Traditional weather data often falls short in providing the level of detail and accuracy required by modern businesses. Challenges include:
Low spatial resolution: Traditional weather data sources provide information at broad geographic scales, often missing critical localised variations. For industries like agriculture, logistics, and insurance, this low spatial resolution limits the ability to monitor precise weather conditions on a field, farm, or route level, making it difficult to adapt operations to local weather patterns and increasing the potential for costly disruptions.

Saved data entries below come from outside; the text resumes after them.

-- ===== src/Config.antt =====
-- The configuration: internal/config.
pub mod Expand
mod Examples
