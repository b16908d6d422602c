-- ===== src/Config/Expand.antt =====
-- The references of a configuration file to variables and files: internal/config/expand.go. The texts
-- of the errors are left out.
pub mod Totality
use smtp_auth_proxy.Prelude.{
  ℕ, zero, suc, ◌+◌, ◌⊎◌, inl, inr, Bool, true, false, not, ◌&&◌, ◌||◌, Option, none, some, ◌∷◌,
  ◌++◌, ltb, ◌==◌, if◌then◌else◌, length, take, drop, [],
}
use smtp_auth_proxy.Strings.{Str, codes, cut, cut_prefix, index, trim_space}

pub data ExpandError : Type 0 where
  unset_variable unterminated empty_reference empty_path relative_path too_large unreadable :
      ExpandError

-- `out_of_fuel` is no answer of the source.
pub data Expansion : Type 0 where
  expanded : Str → Expansion
  refused : ExpandError → Expansion
  out_of_fuel : Expansion

-- The process's environment and files, with the size that stat gives, and filepath.IsAbs.
pub record Environment : Type 0 where
  pub lookup : Str → Option Str
  pub is_abs : Str → Bool
  pub size : Str → Option ℕ
  pub read_file : Str → Option Str

-- The lexical state of YAML: `inComment` and `quote`, of which one at most is set.
pub data Mode : Type 0 where
  plain comment single double : Mode

abbrev pub max_file_secret_size : ℕ
max_file_secret_size = 1048576

abbrev pub newline : ℕ
newline = 10

abbrev pub apostrophe : ℕ
apostrophe = 39

abbrev pub quotation : ℕ
quotation = 34

abbrev pub backslash : ℕ
backslash = 92

abbrev pub dollar : ℕ
dollar = 36

abbrev pub hash : ℕ
hash = 35

abbrev pub opening : ℕ
opening = 123

abbrev pub closing : ℕ
closing = 125

-- Whether a number sign after the byte, which the start of the text has none of, begins a comment.
abbrev pub begins_comment : Option ℕ → Bool
begins_comment none = true
begins_comment (some p) = p == 32 || p == 9 || p == newline

-- The state after a byte that is not half of an escape.
unfoldable pub next_mode : Mode → Option ℕ → ℕ → Mode
next_mode plain previous c =
    if c == apostrophe
    then single
    else if c == quotation
    then double
    else if c == hash && begins_comment previous
    then comment
    else plain
next_mode comment previous c = if c == newline then plain else comment
next_mode single previous c = if c == newline || c == apostrophe then plain else single
next_mode double previous c = if c == newline || c == quotation then plain else double

-- The doubled apostrophe and the backslash, before the byte `d`.
unfoldable pub is_escape : Mode → ℕ → ℕ → Bool
is_escape plain c d = false
is_escape comment c d = false
is_escape single c d = c == apostrophe && d == apostrophe
is_escape double c d = c == backslash

abbrev pub in_comment : Mode → Bool
in_comment comment = true
in_comment _ = false

abbrev pub prefixed : Str → Expansion → Expansion
prefixed s (expanded t) = expanded (s ++ t)
prefixed s (refused e) = refused e
prefixed s out_of_fuel = out_of_fuel

module _ (env : Environment) where
  unfoldable pub resolve_file : Str → ExpandError ⊎ Str
  resolve_file raw =
      let path = trim_space raw in
      if length path == 0
      then inl empty_path
      else if not (env.is_abs path)
      then inl relative_path
      else if elim (env.size path) [ none ↦ false | some n ↦ ltb max_file_secret_size n ]
      then inl too_large
      else elim (env.read_file path) [
        | none ↦ inl unreadable
        | some content ↦ inr (trim_space content)
      ]

  -- The name and the fallback, if there is one.
  unfoldable pub fallback_of : Str → Str × Option Str
  fallback_of ref = elim (index ref (codes ":-")) [
    | none ↦ (ref, none)
    | some i ↦ (take i ref, some (drop (i + 2) ref))
  ]

  abbrev pub fallback_or : Option Str → ExpandError ⊎ Str
  fallback_or none = inl unset_variable
  fallback_or (some value) = inr value

  unfoldable pub resolve : Str → ExpandError ⊎ Str
  unfolding resolve_file fallback_of
  resolve ref =
      let (name, fallback) = fallback_of ref in
      if length ref == 0 then inl empty_reference else elim (cut_prefix ref (codes "file:")) [
        | some path ↦ resolve_file path
        | none ↦ elim (env.lookup name) [
          | none ↦ fallback_or fallback
          | some value ↦ if length value == 0 then fallback_or fallback else inr value
        ]
      ]

  -- A turn of the loop at a byte that is not half of an escape; `continue` is the rest of the loop.
  unfoldable pub turn : (Option ℕ → Mode → Str → Expansion) → Mode → ℕ → Str → Expansion
  unfolding resolve
  turn continue mode c s =
      if in_comment mode || not (c == dollar)
      then prefixed (c ∷ []) (continue (some c) mode s)
      else elim s [
        | [] ↦ prefixed (dollar ∷ []) (continue (some c) mode [])
        | d ∷ rest ↦
            if d == dollar
            then prefixed (dollar ∷ []) (continue (some dollar) mode rest)
            else if not (d == opening)
            then prefixed (dollar ∷ []) (continue (some c) mode (d ∷ rest))
            else elim (cut rest closing) [
              | none ↦ refused unterminated
              | some (ref, later) ↦ elim (resolve ref) [
                | inl e ↦ refused e
                | inr value ↦ prefixed value (continue (some closing) mode later)
              ]
            ]
      ]

  -- One byte, or an escape of two.
  unfoldable pub step : (Option ℕ → Mode → Str → Expansion) → Option ℕ → Mode → ℕ → Str → Expansion
  unfolding is_escape next_mode turn
  step continue previous mode c [] = turn continue (next_mode mode previous c) c []
  step continue previous mode c (d ∷ s) =
      if is_escape mode c d
      then prefixed (c ∷ d ∷ []) (continue (some d) mode s)
      else turn continue (next_mode mode previous c) c (d ∷ s)

  -- The loop, from the byte after `previous`; each turn takes one byte at least.
  unfoldable pub expand_from : ℕ → Option ℕ → Mode → Str → Expansion
  unfolding step
  expand_from fuel previous mode [] = expanded []
  expand_from zero previous mode (c ∷ s) = out_of_fuel
  expand_from (suc fuel) previous mode (c ∷ s) = step (expand_from fuel) previous mode c s

  -- `expand`
  unfoldable pub expand : Str → Expansion
  unfolding expand_from
  expand raw = expand_from (length raw) none plain raw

Inaccurate predictions: Standard weather forecasting models often struggle to predict sudden, extreme weather events with high accuracy. This limitation can leave businesses unprepared for critical conditions such as flash floods, high winds, or unexpected frosts. For industries reliant on timely responses to extreme events, such as supply chain management and livestock health, inaccurate predictions can lead to lost revenue, increased risks, and diminished operational resilience.
Data accessibility: Access to real-time and historical weather data remains limited with many traditional providers. For businesses requiring immediate updates or historical trends for risk assessments and planning, delays or gaps in data access hinder timely decision-making. This lack of accessibility makes it difficult to adopt proactive strategies, particularly in weather-sensitive industries like renewable energy, where real-time data is vital to optimise energy production.
Data format limitations: Traditional weather data often lacks flexibility in format, making it challenging to integrate with existing business systems and analytical tools. Without seamless integration options, organizations face added time and cost burdens in converting and adapting data for their specific needs. In tech-driven industries such as insure-tech and fintech, the inability to embed weather insights into applications and workflows directly limits the utility and impact of the data.